In hybrid and fuel cell vehicles, a Power Electronics Bay (PEB) performs many necessary functions related to power conversion and distribution. PEB enclosures or chassis are typically designed to provide housed components with both environmental protection and shielding from incoming and outgoing electromagnetic interference (EMI). A PEB chassis generally comprises a body and cover constructed of either stainless steel or aluminum, each member having a machined sealing flange along an outer edge, pre-drilled to accommodate fastening bolts. One or both of the flanges typically has a groove to support a metal-impregnated, conductive, silicone o-ring to form an environmental seal when the cover of the enclosure is bolted closed. EMI shielding is provided by the continuous conductive shrouding formed by the metallic structure of the body and cover in conjunction with the conductivity of the o-ring in the seam. Because strong and evenly distributed clamping pressure is needed to provide a reliable seal, reinforcement of sealing flanges is typically required to provide adequate rigidity and prevent warping from the substantial compressive forces generated by a plurality of bolts spaced 1'' to 2'' apart. As a result, part count and overall vehicle weight are increased along with the complexity of associated assembly processes. Further, conductive, EMI shielding o-rings are often nickel-filled and add additional expense while contributing no additional environmental protection compared to conventional, non-conducting silicone rubber o-rings.

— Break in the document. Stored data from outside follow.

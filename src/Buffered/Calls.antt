-- ===== src/Buffered/Calls.antt =====
-- `read_to_buffer` by the calls of `recv` that it makes, with the status and `errno` of each, and the
-- script of answers that stands for them in the other modules.
pub mod Script
use libcoda_net.Base.{
  ℕ, zero, suc, Bool, true, false, not, Option, none, some, List, [], ◌∷◌, ◌++◌, if◌then◌else◌,
  Bytes,
}
use libcoda_net.Socket.{Socket, is_valid, recv}
use libcoda_net.Buffered.{Buffered, will_read, did_read, notify, ◌>>=◌}

pub data Errno : Type 0 where
  eintr eagain ewouldblock other : Errno

-- An answer of the system: at least one byte, the end of the stream, or an error.
pub data Answer : Type 0 where
  bytes : ℕ → Bytes → Answer
  end_of_stream : Answer
  error : Errno → Answer

abbrev raw : Answer → Option Bytes
raw (bytes c s) = some (c ∷ s)
raw end_of_stream = some []
raw (error e) = none

-- What one call of `read_chunk` gives: true with the chunk, false, or an exception.
pub data Chunk : Type 0 where
  chunk : Bytes → Chunk
  no_chunk : Chunk
  thrown : Chunk

unfoldable pub is_transient : Answer → Bool
is_transient (error other) = false
is_transient _ = true

-- By the status.
unfoldable pub after_recv : Bool → Option ℕ × Bytes → Chunk
after_recv transient (none, buffer) = if transient then no_chunk else thrown
after_recv transient (some zero, buffer) = no_chunk
after_recv transient (some (suc n), buffer) = chunk buffer

module _ (on_recv : Bytes → Bytes) where
  unfoldable pub read_chunk : Answer → Socket → Chunk
  unfolding after_recv is_transient recv
  read_chunk a s =
      if not (is_valid s) then no_chunk else after_recv (is_transient a) (recv on_recv (raw a) s [])

  -- The `do` loop, which has a chunk: the input, the answers that are left, and whether it was left by
  -- the exception. Where the answers are used up there is nothing to read.
  unfoldable pub chunk_loop : Socket → List Answer → Chunk → Bytes → Bytes × List Answer × Bool
  unfolding read_chunk
  chunk_loop s answers no_chunk input = (input, answers, false)
  chunk_loop s answers thrown input = (input, answers, true)
  chunk_loop s [] (chunk c) input = (input ++ c, [], false)
  chunk_loop s (a ∷ answers) (chunk c) input =
      let rest = chunk_loop s answers (read_chunk a s) (input ++ c) in
      if s.non_blocking then rest else (input ++ c, a ∷ answers, false)

  -- Behind the loop: the result, the answers that are left, and the object.
  unfoldable pub behind_loop :
      Buffered → Bytes × List Answer × Bool → Option (Bool × List Answer × Buffered)
  unfolding notify
  behind_loop b (input, left, threw) =
      let b' = record b { in_buffer = input } in
      if threw
      then some (false, left, b')
      else (notify did_read b' >>= (λ b''. some (true, left, b'')))

  unfoldable pub after_first :
      Buffered → List Answer → Chunk → Option (Bool × List Answer × Buffered)
  unfolding behind_loop chunk_loop
  after_first b answers no_chunk = some (true, answers, b)
  after_first b answers thrown = some (false, answers, b)
  after_first b answers (chunk c) =
      behind_loop b (chunk_loop b.socket answers (chunk c) b.in_buffer)

  unfoldable pub first_chunk : List Answer → Buffered → Option (Bool × List Answer × Buffered)
  unfolding after_first read_chunk
  first_chunk [] b = some (true, [], b)
  first_chunk (a ∷ answers) b =
      if is_valid b.socket
      then after_first b answers (read_chunk a b.socket)
      else some (true, a ∷ answers, b)

  -- `read_to_buffer`, over the answers to the calls of `recv`.
  unfoldable pub read_calls : List Answer → Buffered → Option (Bool × List Answer × Buffered)
  unfolding notify first_chunk
  read_calls answers b = notify will_read b >>= (λ b'. first_chunk answers b')
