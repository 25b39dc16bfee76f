-- ===== src/Buffered/Calls/Script.antt =====
-- The script of answers does what the calls of `recv` do.
use libcoda_net.Base.{
  Bool, true, false, Option, none, some, List, [], ◌∷◌, ◌++◌, map, if◌then◌else◌, Bytes, ◌≡◌, ◌∙◌,
  refl, ap, sym,
}
use libcoda_net.Socket
use libcoda_net.Socket.{Socket, is_valid, recv}
use libcoda_net.Buffered.{
  Buffered, Hook, Call, will_read, did_read, notify, call_all, Received, block, ended, not_now,
  failed, read_loop, read_from, after_loop, read_to_buffer, ◌>>=◌,
}
use libcoda_net.Buffered.Calls.{
  eintr, eagain, ewouldblock, other, Answer, bytes, end_of_stream, error, Chunk, chunk, no_chunk,
  thrown, is_transient, after_recv, read_chunk, chunk_loop, behind_loop, after_first, first_chunk,
  read_calls,
}

abbrev pub script : Answer → Received
script (bytes c s) = block (c ∷ s)
script end_of_stream = ended
script (error other) = failed
script (error eintr) = not_now
script (error eagain) = not_now
script (error ewouldblock) = not_now

abbrev scripted : Bytes × List Answer × Bool → Bytes × List Received × Bool
scripted (input, left, threw) = (input, map script left, threw)

-- The answers that are left, as the script of the object.
abbrev pub forget : Option (Bool × List Answer × Buffered) → Option (Bool × Buffered)
forget none = none
forget (some (r, left, b)) = some (r, record b { incoming = map script left })

notified-incoming :
    (h : Hook) (b : Buffered) (i : List Received)
    → notify h (record b { incoming = i })
      ≡ (notify h b >>= (λ b'. some (record b' { incoming = i })))
unfolding notify
notified-incoming h b i = each (call_all h b.listeners)
  where
    each :
        (o : Option (List Call))
        → elim o [
          | none ↦ none
          | some cs ↦ some (record b { incoming = i; calls = b.calls ++ ((none, h) ∷ cs) })
        ]
          ≡ (elim o [
            | none ↦ none
            | some cs ↦ some (record b { calls = b.calls ++ ((none, h) ∷ cs) })
          ]
              >>= (λ (b' : Buffered). some (record b' { incoming = i })))
    each none = refl
    each (some cs) = refl

if-scripted :
    (b : Bool) (x y : Bytes × List Answer × Bool) (x' y' : Bytes × List Received × Bool)
    → scripted x ≡ x'
    → scripted y ≡ y'
    → scripted (if b then x else y) ≡ (if b then x' else y')
if-scripted true x y x' y' h k = h
if-scripted false x y x' y' h k = k

forget_then :
    (left : List Answer) (n : Option Buffered)
    → forget (n >>= (λ b. some (true, left, b)))
      ≡ ((n >>= (λ b. some (record b { incoming = map script left }))) >>= (λ b. some (true, b)))
forget_then left none = refl
forget_then left (some b) = refl

if-forget :
    (b : Bool) (x y : Option (Bool × List Answer × Buffered)) (x' y' : Option (Bool × Buffered))
    → (b ≡ true → forget x ≡ x')
    → forget y ≡ y'
    → forget (if b then x else y) ≡ (if b then x' else y')
if-forget true x y x' y' h k = h refl
if-forget false x y x' y' h k = k

if-same {ℓ} : {A : Type ℓ} → (b : Bool) (x : A) → x ≡ (if b then x else x)
if-same true x = refl
if-same false x = refl

module _ (filter : Bytes → Bytes) where
  outcome : Answer → Chunk
  outcome (bytes c s) = chunk (filter (c ∷ s))
  outcome end_of_stream = no_chunk
  outcome (error other) = thrown
  outcome (error eintr) = no_chunk
  outcome (error eagain) = no_chunk
  outcome (error ewouldblock) = no_chunk

  read_chunk-valid :
      (a : Answer) (s : Socket) → is_valid s ≡ true → read_chunk filter a s ≡ outcome a
  unfolding read_chunk after_recv is_transient recv Socket.received outcome
  read_chunk-valid (bytes c b) s v = rw v refl
  read_chunk-valid end_of_stream s v = rw v refl
  read_chunk-valid (error other) s v = rw v refl
  read_chunk-valid (error eintr) s v = rw v refl
  read_chunk-valid (error eagain) s v = rw v refl
  read_chunk-valid (error ewouldblock) s v = rw v refl

  -- The loop goes on with one more answer.
  round-script :
      (a : Answer) (answers : List Answer) (s : Socket) (input : Bytes)
      → ((x : Bytes)
          → scripted (chunk_loop filter s answers (chunk (filter x)) input)
            ≡ read_loop filter s.non_blocking input (block x ∷ map script answers))
      → scripted (chunk_loop filter s answers (outcome a) input)
        ≡ read_loop filter s.non_blocking input (script a ∷ map script answers)
  unfolding chunk_loop read_loop outcome
  round-script (bytes c b) answers s input again = again (c ∷ b)
  round-script end_of_stream answers s input again = refl
  round-script (error other) answers s input again = refl
  round-script (error eintr) answers s input again = refl
  round-script (error eagain) answers s input again = refl
  round-script (error ewouldblock) answers s input again = refl

  chunk_loop-script :
      (answers : List Answer) (s : Socket) (x input : Bytes)
      → is_valid s ≡ true
      → scripted (chunk_loop filter s answers (chunk (filter x)) input)
        ≡ read_loop filter s.non_blocking input (block x ∷ map script answers)
  unfolding chunk_loop read_loop
  chunk_loop-script [] s x input v = if-same s.non_blocking (input ++ filter x, [], false)
  chunk_loop-script (a ∷ answers) s x input v =
      if-scripted s.non_blocking
        (chunk_loop filter s answers (read_chunk filter a s) (input ++ filter x))
        (input ++ filter x, a ∷ answers, false)
        (read_loop filter s.non_blocking (input ++ filter x) (script a ∷ map script answers))
        (input ++ filter x, script a ∷ map script answers, false)
        (ap (λ o. scripted (chunk_loop filter s answers o (input ++ filter x)))
            (read_chunk-valid a s v)
          ∙ round-script a answers s (input ++ filter x)
              (λ y. chunk_loop-script answers s y (input ++ filter x) v))
        refl

  behind_loop-script :
      (b : Buffered) (i : List Received) (r : Bytes × List Answer × Bool)
      → forget (behind_loop filter b r) ≡ after_loop (record b { incoming = i }) (scripted r)
  unfolding behind_loop after_loop
  behind_loop-script b i (input, left, true) = refl
  behind_loop-script b i (input, left, false) =
      let b' = record b { in_buffer = input } in
      forget_then left (notify did_read b')
      ∙ ap (λ n. n >>= (λ b''. some (true, b'')))
          (sym (notified-incoming did_read b' (map script left)))

  first_chunk-script :
      (a : Answer) (answers : List Answer) (b : Buffered)
      → is_valid b.socket ≡ true
      → forget (after_first filter b answers (outcome a))
        ≡ read_from filter
            (script a ∷ map script answers)
            (record b { incoming = script a ∷ map script answers })
  unfolding after_first read_from outcome
  first_chunk-script (bytes c s) answers b v =
      let i = block (c ∷ s) ∷ map script answers in
      behind_loop-script b i
        (chunk_loop filter b.socket answers (chunk (filter (c ∷ s))) b.in_buffer)
      ∙ ap (after_loop (record b { incoming = i }))
          (chunk_loop-script answers b.socket (c ∷ s) b.in_buffer v)
  first_chunk-script end_of_stream answers b v = refl
  first_chunk-script (error other) answers b v = refl
  first_chunk-script (error eintr) answers b v = refl
  first_chunk-script (error eagain) answers b v = refl
  first_chunk-script (error ewouldblock) answers b v = refl

  first_chunk-read_from :
      (answers : List Answer) (b : Buffered)
      → let b' = record b { incoming = map script answers } in
        forget (first_chunk filter answers b)
        ≡ (if is_valid b.socket then read_from filter (map script answers) b' else some (true, b'))
  unfolding first_chunk read_from
  first_chunk-read_from [] b = if-same (is_valid b.socket) (some (true, record b { incoming = [] }))
  first_chunk-read_from (a ∷ answers) b =
      let b' = record b { incoming = script a ∷ map script answers } in
      if-forget (is_valid b.socket) (after_first filter b answers (read_chunk filter a b.socket))
        (some (true, a ∷ answers, b)) (read_from filter (script a ∷ map script answers) b')
        (some (true, b'))
        (λ v.
          ap (λ o. forget (after_first filter b answers o)) (read_chunk-valid a b.socket v)
          ∙ first_chunk-script a answers b v)
        refl

  after_notify :
      (answers : List Answer) (n : Option Buffered)
      → forget (n >>= first_chunk filter answers) ≡ (
          (n >>= (λ b. some (record b { incoming = map script answers })))
          >>= (λ b. if is_valid b.socket then read_from filter b.incoming b else some (true, b)))
  after_notify answers none = refl
  after_notify answers (some b) = first_chunk-read_from answers b

  -- `read_to_buffer`, by the calls of `recv` that it makes and the status and the error number of
  -- each, does what it does by the script of their answers, for every object and whatever the answers
  -- are: the same result, input and calls of listeners, and the same answers are left.
  pub read_calls-script :
      (answers : List Answer) (b : Buffered)
      → forget (read_calls filter answers b)
        ≡ read_to_buffer filter (record b { incoming = map script answers })
  unfolding read_calls read_to_buffer
  read_calls-script answers b =
      after_notify answers (notify will_read b)
      ∙ ap
          (λ n. n >>= (λ b'.
            if is_valid b'.socket then read_from filter b'.incoming b' else some (true, b')))
          (sym (notified-incoming will_read b (map script answers)))
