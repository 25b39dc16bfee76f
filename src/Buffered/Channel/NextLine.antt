-- ===== src/Buffered/Channel/NextLine.antt =====
-- `readln` takes the next line of the stream.
use libcoda_net.Base.{true, false, [], ◌∷◌, ◌≡◌, ◌∙◌, sym, refl, arith, Bytes}
use libcoda_net.Buffered.Lines.{line_of, rest_of, skip_newlines, readln, readln_lem}
use libcoda_net.Buffered.Channel.{next_line}

skip_newlines-next_line : (s : Bytes) → next_line true s ≡ ([], skip_newlines s)
unfolding next_line skip_newlines
skip_newlines-next_line [] = refl
skip_newlines-next_line (c ∷ s) = ground (arith, skip_newlines-next_line s)

line_of-next_line : (s : Bytes) → next_line false s ≡ (line_of s, skip_newlines (rest_of s))
unfolding next_line line_of rest_of skip_newlines
line_of-next_line [] = refl
line_of-next_line (c ∷ s) = ground (arith, line_of-next_line s, skip_newlines-next_line s)

pub readln-next_line : (s : Bytes) → readln s ≡ next_line false s
readln-next_line s = readln_lem s ∙ sym (line_of-next_line s)
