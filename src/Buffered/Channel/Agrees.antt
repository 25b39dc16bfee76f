-- ===== src/Buffered/Channel/Agrees.antt =====
-- The reads of the buffered socket agree with its streams, and so does any sequence of calls.
use libcoda_net.Base.{
  ◌≤◌, ◌<◌, ◌+◌, length, length-append, arith, Bool, true, false, Option, none, some, List, [], ◌∷◌,
  ◌++◌, append-nil, append_assoc, ◌≡◌, ◌∙◌, refl, ap, sym, Bytes,
}
use libcoda_net.Socket.{is_valid}
use libcoda_net.Buffered.{
  Buffered, did_read, Received, block, ended, not_now, failed, read_loop, read_from, after_loop,
}
use libcoda_net.Buffered.Listeners.{NoNull, notify-NoNull, told}
use libcoda_net.Buffered.Lines.{readln}
use libcoda_net.Buffered.Receive.{read_to_buffer-valid, told_read}
use libcoda_net.Buffered.Channel.{
  Action, put, put_line, flush, receive, get_line, without_line, perform, with_lines, after_action,
  perform_all, Streams, view, received, spec, spec_all, written, written_all,
}
use libcoda_net.Buffered.Channel.NextLine.{readln-next_line}
use libcoda_net.Buffered.Channel.Sending.{Live, Agrees, put-Agrees, put_line-Agrees, flush-Agrees}

read_loop-received :
    (again : Bool) (input : Bytes) (answers : List Received)
    → (read_loop (λ s. s) again input answers).0 ≡ input ++ received again answers
unfolding read_loop received
read_loop-received again input [] = sym (append-nil input)
read_loop-received true input (block s ∷ rest) =
    read_loop-received true (input ++ s) rest ∙ append_assoc input s (received true rest)
read_loop-received false input (block s ∷ rest) = rw (append-nil s)
read_loop-received again input (ended ∷ rest) = sym (append-nil input)
read_loop-received again input (not_now ∷ rest) = sym (append-nil input)
read_loop-received again input (failed ∷ rest) = sym (append-nil input)

after_loop-Agrees :
    (again : Bool) (b : Buffered) (input : Bytes) (left : List Received) (threw : Bool)
    → Live again b
    → Agrees again
        ([], record (view b) { from_peer = input })
        (without_line (after_loop b (input, left, threw)))
unfolding Agrees Live without_line after_loop
after_loop-Agrees again b input left true l =
    (record b { in_buffer = input; incoming = left }, refl, refl, l)
after_loop-Agrees again b input left false l =
    let b' = record b { in_buffer = input; incoming = left } in
    (
      record b' { calls = b.calls ++ ((none, did_read) ∷ told did_read b.listeners) },
      rw (notify-NoNull did_read b' l.0) refl,
      refl,
      l,
    )

Agrees-eq :
    (again : Bool) (lines : List Bytes) (c c' : Streams) (o : Option (List Bytes × Buffered))
    → c ≡ c'
    → Agrees again (lines, c) o
    → Agrees again (lines, c') o
unfolding Agrees
Agrees-eq again lines c c' o e (b, p, v, l) = (b, p, v ∙ e, l)

nothing_received : (b : Buffered) → view b ≡ record (view b) { from_peer = b.in_buffer ++ [] }
nothing_received b =
    ap (λ input. record (view b) { from_peer = input }) (sym (append-nil b.in_buffer))

read_from-Agrees :
    (again : Bool) (answers : List Received) (b : Buffered)
    → Live again b
    → Agrees again
        (spec again (receive answers) (view b))
        (without_line (read_from (λ s. s) answers b))
unfolding Agrees Live spec received without_line read_from
read_from-Agrees again [] b l = (b, refl, nothing_received b, l)
read_from-Agrees again (ended ∷ rest) b l =
    (record b { incoming = rest }, refl, nothing_received b, l)
read_from-Agrees again (not_now ∷ rest) b l =
    (record b { incoming = rest }, refl, nothing_received b, l)
read_from-Agrees again (failed ∷ rest) b l =
    (record b { incoming = rest }, refl, nothing_received b, l)
read_from-Agrees again (block s ∷ rest) b l =
    let answers = block s ∷ rest in
    let r = read_loop (λ x. x) b.non_blocking b.in_buffer answers in
    let taken : r.0 ≡ b.in_buffer ++ received again answers =
      read_loop-received b.non_blocking b.in_buffer answers
      ∙ ap (λ mode. b.in_buffer ++ received mode answers) l.2 in
    Agrees-eq again [] (record (view b) { from_peer = r.0 }) _ _
      (ap (λ input. record (view b) { from_peer = input }) taken)
      (after_loop-Agrees again b r.0 r.1 r.2 l)

receive-Agrees :
    (again : Bool) (answers : List Received) (b : Buffered)
    → Live again b
    → Agrees again (spec again (receive answers) (view b)) (perform (receive answers) b)
unfolding perform Live
receive-Agrees again answers b l =
    let before = record b { incoming = answers } in
    rw (read_to_buffer-valid (λ s. s) before l.0 l.1, perform)
      (read_from-Agrees again answers (told_read (λ s. s) before) l)

perform-Agrees :
    (again : Bool) (a : Action) (b : Buffered)
    → Live again b
    → length b.out_buffer < 2147483648
    → Agrees again (spec again a (view b)) (perform a b)
unfolding Agrees Live spec perform
perform-Agrees again (put s) b l small = put-Agrees again s b l
perform-Agrees again (put_line s) b l small = put_line-Agrees again s b l
perform-Agrees again (flush ok) b l small = flush-Agrees again ok b l small
perform-Agrees again (receive answers) b l small = receive-Agrees again answers b l
perform-Agrees again get_line b l small = (
  record b { in_buffer = (readln b.in_buffer).1 },
  ap (λ r. some (r.0 ∷ [], record b { in_buffer = (readln b.in_buffer).1 }))
      (readln-next_line b.in_buffer),
  ap (λ r. record (view b) { from_peer = r.1 }) (readln-next_line b.in_buffer),
  l,
)

to_send-written :
    (again : Bool) (a : Action) (c : Streams)
    → length (spec again a c).1.to_send ≤ length c.to_send + written a
unfolding spec
to_send-written again (put s) c = omega (arith, length-append c.to_send s)
to_send-written again (put_line s) c = omega (
  arith,
  length-append c.to_send (s ++ (b'\r' ∷ b'\n' ∷ [])),
  length-append s (b'\r' ∷ b'\n' ∷ []),
)
to_send-written again (flush true) c = omega arith
to_send-written again (flush false) c = omega arith
to_send-written again (receive answers) c = omega arith
to_send-written again get_line c = omega arith

perform_all-Agrees :
    (again : Bool) (actions : List Action) (b : Buffered)
    → Live again b
    → length b.out_buffer + written_all actions < 2147483648
    → Agrees again (spec_all again actions (view b)) (perform_all actions b)
unfolding perform_all spec_all Agrees with_lines
perform_all-Agrees again [] b l small = (b, refl, refl, l)
perform_all-Agrees again (a ∷ actions) b l small =
    let (b₁, e₁, v₁, l₁) = perform-Agrees again a b l (omega arith) in
    let (b₂, e₂, v₂, l₂) =
      perform_all-Agrees again actions b₁ l₁
        (omega (arith, ap (λ c. length c.to_send) v₁, to_send-written again a (view b))) in
    (
      b₂,
      ap (after_action (perform_all actions)) e₁
          ∙ ap (with_lines (spec again a (view b)).0) e₂
          ∙ ap
              (λ (c : Streams).
                some ((spec again a (view b)).0 ++ (spec_all again actions c).0, b₂))
              v₁,
      v₂ ∙ ap (λ (c : Streams). (spec_all again actions c).1) v₁,
      l₂,
    )

-- Any sequence of writes, flushes, reads and calls of readln on a valid socket without null
-- listeners, in which the system takes the whole of what it is sent or nothing, and which writes less
-- than 2 ^ 31 bytes with those that were to be sent before, runs to its end, and does to the streams
-- what the specification says: what is written is to be sent, in order; a flush sends all of it if
-- the system takes it and else leaves it; what is received is behind what was received before; and
-- each call of readln takes the bytes up to the first newline character, or all of them, and drops
-- the newline characters there.
pub perform_all-spec_all :
    (actions : List Action) (b : Buffered)
    → NoNull b.listeners
    → is_valid b.socket ≡ true
    → length b.out_buffer + written_all actions < 2147483648
    → (b' : Buffered) × (perform_all actions b
        ≡ some ((spec_all b.socket.non_blocking actions (view b)).0, b'))
      × (view b' ≡ (spec_all b.socket.non_blocking actions (view b)).1)
unfolding Agrees Live
perform_all-spec_all actions b n v small =
    let (b', e, agrees, l) =
      perform_all-Agrees b.socket.non_blocking actions b (n, v, refl) small in
    (b', e, agrees)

Accordingly, it is desirable to provide a system for clamping a cover to a PEB chassis that is easily installable and eliminates the need for multiple fasteners. Further, it is desirable that such a system provides EMI shielding along the seams and corners of a PEB chassis without the use of a conductive o-ring. Furthermore, other desirable features and characteristics of the present invention will become apparent from the subsequent detailed description and the appended claims, taken in conjunction with the accompanying drawings and the foregoing technical field and background.
SUMMARY OF THE INVENTION
A system is provided for securing a cover having a first surface onto a chassis having a rim, the rim having a second surface. The system comprises a clamping rail and a fastener coupled to the rail. The clamping rail is configured to form a loop that circumferentially engages the first surface and the second surface and, when constricted, produces a first force substantially coplanar with the loop. The fastener is configured to constrict the rail, the rail and the first and second surfaces configured to produce a second force having a component substantially orthogonal to the loop when the rail is constricted.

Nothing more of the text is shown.